EXERCISE PROMPT: Each line in the entries that has the word "pure" has to be copied.

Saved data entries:
_ _ _ _ _ _ _

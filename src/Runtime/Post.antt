-- ===== src/Runtime/Post.antt =====
-- What holds of the result of a turn and of the state that it leaves, whatever state it began in: one
-- rule for each way to build a turn.
use agent_builder_factory_ap.Base.{
  ◌≡◌, Bool, true, false, Result, ok, err, pure, raise, continue, ◌>>=◌, if◌then◌else◌, refl, subst,
}
use agent_builder_factory_ap.Runtime.State.{RunError, RuntimeTables, Process, Action}
use agent_builder_factory_ap.Runtime.Orchestrator.{RunResult}

module _ ⦃t : RuntimeTables⦄ (P : RunResult → Process → Type 0) where
  pub record Post (m : Action RunResult) : Type 0 where
    pub at : (p : Process) (r : RunResult) (p' : Process) → m p ≡ (ok r, p') → P r p'

  pub Post-pure : (r : RunResult) → ((p : Process) → P r p) → Post (pure r)
  unfolding pure
  Post-pure r h = record {
    at = λ p r' p' e. let same : r ≡ r' = cc e in subst (λ x. P x p') same (h p');
  }

  pub Post-raise : (e : RunError) → Post (raise e)
  unfolding raise
  Post-raise e = record { at = λ p r p' h. cc h }

  pub Post-if : (b : Bool) (m n : Action RunResult) → Post m → Post n → Post (if b then m else n)
  Post-if true m n h k = h
  Post-if false m n h k = k

  module _ {A : Type 0} where
    after :
        (x : Result RunError A) (f : A → Action RunResult) (s : Process) (r : RunResult)
        (p' : Process)
        → ((a : A) → x ≡ ok a → Post (f a))
        → continue x f s ≡ (ok r, p')
        → P r p'
    after (ok a) f s r p' h e = (h a refl).at s r p' e
    after (err x) f s r p' h e = cc e

    -- the rest may rest on what the first action returned
    pub Post-after :
        (m : Action A) (f : A → Action RunResult)
        → ((p : Process) (a : A) → (m p).0 ≡ ok a → Post (f a))
        → Post (m >>= f)
    unfolding ◌>>=◌
    Post-after m f h = record { at = λ p r p' e. after (m p).0 f (m p).1 r p' (h p) e }

    pub Post-bind :
        (m : Action A) (f : A → Action RunResult) → ((a : A) → Post (f a)) → Post (m >>= f)
    Post-bind m f h = Post-after m f (λ p a e. h a)

-- The same from the states where a condition holds.
module _ ⦃t : RuntimeTables⦄ (P : RunResult → Process → Type 0) where
  pub record PostFrom (I : Process → Type 0) (m : Action RunResult) : Type 0 where
    pub at : (p : Process) (r : RunResult) (p' : Process) → I p → m p ≡ (ok r, p') → P r p'

  pub PostFrom-Post : (I : Process → Type 0) (m : Action RunResult) → Post P m → PostFrom I m
  PostFrom-Post I m h = record { at = λ p r p' i. h.at p r p' }

  pub PostFrom-if :
      (I : Process → Type 0) (b : Bool) (m n : Action RunResult)
      → PostFrom I m
      → PostFrom I n
      → PostFrom I (if b then m else n)
  PostFrom-if I true m n h k = h
  PostFrom-if I false m n h k = k

  module _ {A : Type 0} where
    rest :
        (x : Result RunError A) (f : A → Action RunResult) (J : A → Process → Type 0) (s : Process)
        (r : RunResult) (p' : Process)
        → ((a : A) → x ≡ ok a → J a s)
        → ((a : A) → PostFrom (J a) (f a))
        → continue x f s ≡ (ok r, p')
        → P r p'
    rest (ok a) f J s r p' i h e = (h a).at s r p' (i a refl) e
    rest (err x) f J s r p' i h e = cc e

    -- what the first action returned and the state that it left
    pub PostFrom-after :
        (I : Process → Type 0) (J : A → Process → Type 0) (m : Action A) (f : A → Action RunResult)
        → ((p : Process) → I p → (a : A) → (m p).0 ≡ ok a → J a (m p).1)
        → ((a : A) → PostFrom (J a) (f a))
        → PostFrom I (m >>= f)
    unfolding ◌>>=◌
    PostFrom-after I J m f i h = record {
      at = λ p r p' k e. rest (m p).0 f J (m p).1 r p' (i p k) h e;
    }

    -- an action that keeps the condition
    pub PostFrom-bind :
        (I : Process → Type 0) (m : Action A) (f : A → Action RunResult)
        → ((p : Process) → I p → I (m p).1)
        → ((a : A) → PostFrom I (f a))
        → PostFrom I (m >>= f)
    PostFrom-bind I m f k h = PostFrom-after I (λ a. I) m f (λ p i a e. k p i) h

pub ruleset post_rules = (Post-raise, Post-if, Post-bind)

_ _ _ _ _ _ _

TASK OUTPUT:
  ◌≡◌, Bool, true, false, Result, ok, err, pure, raise, continue, ◌>>=◌, if◌then◌else◌, refl, subst,
  pub Post-pure : (r : RunResult) → ((p : Process) → P r p) → Post (pure r)
  unfolding pure
  Post-pure r h = record {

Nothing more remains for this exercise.